-- Task to carry out --
What are the lines, copied exactly, from the one containing "let (r, node, v) = fat_calc_dir_size d g k.vol dir.node" through the last line of the records below, both included?

-- Records for this task --
-.-.-

-- ===== src/Inode/Fill.antt =====
-- ATS/myfat/fat_inode.c: what an inode is filled with, from the directory entry of a file or for
-- the root directory.
pub mod Root
use ats_ldd.Base.{
  ℕ, zero, suc, ◌+◌, ◌-◌, ◌*◌, ◌/◌, ◌%◌, ◌^◌, Bool, true, false, not, ◌&&◌, ◌||◌, List, [], ◌∷◌,
  Result, ok, err, oops, if◌then◌else◌, ◌==◌, ltb,
}
use ats_ldd.Fat.Volume.{Geometry, Device, Volume, ent_eof}
use ats_ldd.Fat.Cluster.{FatInode, fat_get_cluster}
use ats_ldd.Fat.Dir.{Disk, Address, is_free, attr_at, same_name, fat_subdirs}
use ats_ldd.Time.{Zone, Timespec, FatTime, fat_time_fat2unix}
use ats_ldd.Inode.{Bits, Options, dir_bit, s_irwxugo, s_iruwugo, fat_make_mode, fat_save_attrs}

-- `inode->i_op` and `i_fop`
pub data Operations : Type 0 where
  dir_ops file_ops : Operations

-- `struct inode` and `struct fat_inode_info`; the part that the cluster code reads is `node`.
pub record VfsInode : Type 0 where
  pub node : FatInode
  pub i_pos : ℕ
  pub i_uid : ℕ
  pub i_gid : ℕ
  pub i_version : ℕ
  pub i_generation : ℕ
  pub i_mode : Bits
  pub i_attrs : Bits
  pub i_immutable : Bool
  pub i_nlink : ℕ
  pub i_mtime : Timespec
  pub i_atime : Timespec
  pub i_ctime : Timespec
  pub ops : Operations

-- The options that an inode depends on, next to those of its mode.
pub record InodeOptions : Type 0 where
  pub modes : Options
  pub fs_uid : ℕ
  pub fs_gid : ℕ
  pub showexec : Bool
  pub sys_immutable : Bool
  pub isvfat : Bool
  pub zone : Zone

-- An `int` that is stored in a `loff_t`, by their bits.
unfoldable pub sign_extended : ℕ → ℕ
sign_extended x = let w = x % 2 ^ 32 in if ltb w (2 ^ 31) then w else w + (2 ^ 64 - 2 ^ 32)

-- The size of a directory is that of all its clusters.
unfoldable pub fat_calc_dir_size :
    Device → Geometry → Volume → FatInode → Result (Unit {0}) × FatInode × Volume
unfolding sign_extended
fat_calc_dir_size d g v node =
    let empty = record node { i_size = 0 } in
    if node.i_start == 0
    then (ok tt, empty, v)
    else (let (ret, fclus, dclus, v') = fat_get_cluster d g v empty ent_eof in
        elim ret [
          | err e ↦ (err e, empty, v')
          | oops ↦ (oops, empty, v')
          | ok _ ↦ (
            ok tt,
            record empty { i_size = sign_extended ((fclus + 1) * 2 ^ g.cluster_bits) },
            v',
          )
        ])

-- The blocks of 512 bytes in the clusters of the file.
abbrev pub blocks_of : Geometry → ℕ → ℕ
blocks_of g size =
    (size + (2 ^ g.cluster_bits - 1)) / 2 ^ g.cluster_bits * 2 ^ g.cluster_bits / 2 ^ 9

-- `ATTR_DIR` as an attribute byte, and the attribute byte `n`.
abbrev pub attr_dir : Bits
attr_dir i = i == dir_bit

abbrev pub bits_of : ℕ → Bits
bits_of n i = n / 2 ^ i % 2 == 1

abbrev pub epoch : Timespec
epoch = record { tv_sec = 0; tv_nsec = 0 }

-- The inode as far as `fat_read_root` sets it before the size, on FAT32.
unfoldable pub root_start : InodeOptions → ℕ → VfsInode → VfsInode
root_start opt root_cluster i = record i {
  i_pos = 0;
  i_uid = opt.fs_uid;
  i_gid = opt.fs_gid;
  i_version = (i.i_version + 1) % 2 ^ 64;
  i_generation = 0;
  i_mode = fat_make_mode (opt.modes) attr_dir s_irwxugo;
  ops = dir_ops;
  node = record (i.node) { i_start = root_cluster };
}

unfoldable pub root_end : Geometry → InodeOptions → VfsInode → VfsInode
root_end g opt i = record i {
  node = record (i.node) {
    i_blocks = blocks_of g i.node.i_size;
    i_logstart = 0;
    mmu_private = i.node.i_size;
  };
  i_attrs = fat_save_attrs (opt.modes) (i.i_mode) attr_dir;
  i_mtime = epoch;
  i_atime = epoch;
  i_ctime = epoch;
}

-- The root directory of a FAT32 volume.
unfoldable pub fat_read_root :
    Device → Geometry → InodeOptions → ℕ → Disk → VfsInode → Result (Unit {0}) × VfsInode × Disk
unfolding root_start root_end fat_calc_dir_size
fat_read_root d g opt root_cluster k inode =
    let i1 = root_start opt root_cluster inode in
    let (r, node, v) = fat_calc_dir_size d g k.vol i1.node in
    let i2 = record i1 { node = node } in
    let k1 = record k { vol = v } in
    let i3 = root_end g opt i2 in
    let (count, k2) = fat_subdirs d g k1 i3.node in
    elim r [
      | err e ↦ (err e, i2, k1)
      | oops ↦ (oops, i2, k1)
      | ok _ ↦ elim count [
        | ok n ↦ (ok tt, record i3 { i_nlink = n + 2 }, k2)
        | err e ↦ (oops, i3, k2)
        | oops ↦ (oops, i3, k2)
      ]
    ]

-- Little-endian words of an entry.
unfoldable pub le16 : Disk → Address → ℕ → ℕ
le16 k a o = k.byte a.0 (a.1 + o) + k.byte a.0 (a.1 + (o + 1)) * 2 ^ 8

unfoldable pub le32 : Disk → Address → ℕ → ℕ
unfolding le16
le32 k a o = le16 k a o + le16 k a (o + 2) * 2 ^ 16

-- Whether the extension at `a` is "EXE", "COM" or "BAT".
unfoldable pub is_exec : Disk → Address → Bool
is_exec k a =
    same_name k a.0 (a.1 + 8) 3 (69 ∷ 88 ∷ 69 ∷ [])
    || (same_name k a.0 (a.1 + 8) 3 (67 ∷ 79 ∷ 77 ∷ [])
        || same_name k a.0 (a.1 + 8) 3 (66 ∷ 65 ∷ 84 ∷ []))

-- `de->start`, and `de->starthi` on FAT32.
unfoldable pub start_of : Geometry → Disk → Address → ℕ
unfolding le16
start_of g k a = le16 k a 26 + (if g.fat_bits == 32 then le16 k a 20 * 2 ^ 16 else 0)

-- The end of `fat_fill_inode`: flags, attributes, blocks and times.
unfoldable pub fill_end : Geometry → InodeOptions → Disk → Address → VfsInode → VfsInode
unfolding le16
fill_end g opt k a i =
    let attrs = bits_of (attr_at k a) in
    let time = λ (t date cs : ℕ).
      fat_time_fat2unix (opt.zone) (record { time = t; date = date; time_cs = cs }) in
    let mtime = time (le16 k a 22) (le16 k a 24) 0 in
    record i {
      node = record (i.node) { i_blocks = blocks_of g i.node.i_size };
      i_immutable = i.i_immutable || (attrs 2 && opt.sys_immutable);
      i_attrs = fat_save_attrs (opt.modes) (i.i_mode) attrs;
      i_mtime = mtime;
      i_ctime =
          if opt.isvfat then time (le16 k a 14) (le16 k a 16) (k.byte a.0 (a.1 + 13)) else mtime;
      i_atime = if opt.isvfat then time 0 (le16 k a 18) 0 else mtime;
    }

-- The inode of the entry at `a`. `seconds` is what `get_seconds` answers.
unfoldable pub fat_fill_inode :
    Device
    → Geometry
    → InodeOptions
    → ℕ
    → Disk
    → VfsInode
    → Address
    → Result (Unit {0}) × VfsInode × Disk
unfolding fill_end start_of le32 is_exec fat_calc_dir_size
fat_fill_inode d g opt seconds k inode a =
    let attrs = bits_of (attr_at k a) in
    let start = start_of g k a in
    let i1 = record inode {
      i_pos = 0;
      i_uid = opt.fs_uid;
      i_gid = opt.fs_gid;
      i_version = (inode.i_version + 1) % 2 ^ 64;
      node = record (inode.node) { i_start = start; i_logstart = start };
    } in
    let dir = record i1 {
      i_generation = seconds % 2 ^ 32 / 2 * 2;
      i_mode = fat_make_mode (opt.modes) attrs s_irwxugo;
      ops = dir_ops;
    } in
    let (r, node, v) = fat_calc_dir_size d g k.vol dir.node in
    let k1 = record k { vol = v } in
    let sized = record dir { node = record node { mmu_private = node.i_size } } in
    let (count, k2) = fat_subdirs d g k1 sized.node in
    let size = le32 k a 28 in
    let file = record i1 {
      i_generation = seconds % 2 ^ 32 / 2 * 2 + 1;
      i_mode =
          fat_make_mode (opt.modes) attrs
            (if opt.showexec && not (is_exec k a) then s_iruwugo else s_irwxugo);
      ops = file_ops;
      node = record (i1.node) { i_size = size; mmu_private = size };
    } in
    if attrs dir_bit && not (is_free k a)
    then elim r [
      | err e ↦ (err e, record dir { node = node }, k1)
      | oops ↦ (oops, record dir { node = node }, k1)
      | ok _ ↦ elim count [
        | ok n ↦ (ok tt, fill_end g opt k2 a (record sized { i_nlink = n }), k2)
        | err e ↦ (oops, sized, k2)
        | oops ↦ (oops, sized, k2)
      ]
    ]
    else (ok tt, fill_end g opt k a file, k)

-.-.-

-- Answer for this exercise --
    let (r, node, v) = fat_calc_dir_size d g k.vol dir.node in
    let k1 = record k { vol = v } in
    let sized = record dir { node = record node { mmu_private = node.i_size } } in
    let (count, k2) = fat_subdirs d g k1 sized.node in
    let size = le32 k a 28 in
    let file = record i1 {
      i_generation = seconds % 2 ^ 32 / 2 * 2 + 1;
      i_mode =
          fat_make_mode (opt.modes) attrs
            (if opt.showexec && not (is_exec k a) then s_iruwugo else s_irwxugo);
      ops = file_ops;
      node = record (i1.node) { i_size = size; mmu_private = size };
    } in
    if attrs dir_bit && not (is_free k a)
    then elim r [
      | err e ↦ (err e, record dir { node = node }, k1)
      | oops ↦ (oops, record dir { node = node }, k1)
      | ok _ ↦ elim count [
        | ok n ↦ (ok tt, fill_end g opt k2 a (record sized { i_nlink = n }), k2)
        | err e ↦ (oops, sized, k2)
        | oops ↦ (oops, sized, k2)
      ]
    ]
    else (ok tt, fill_end g opt k a file, k)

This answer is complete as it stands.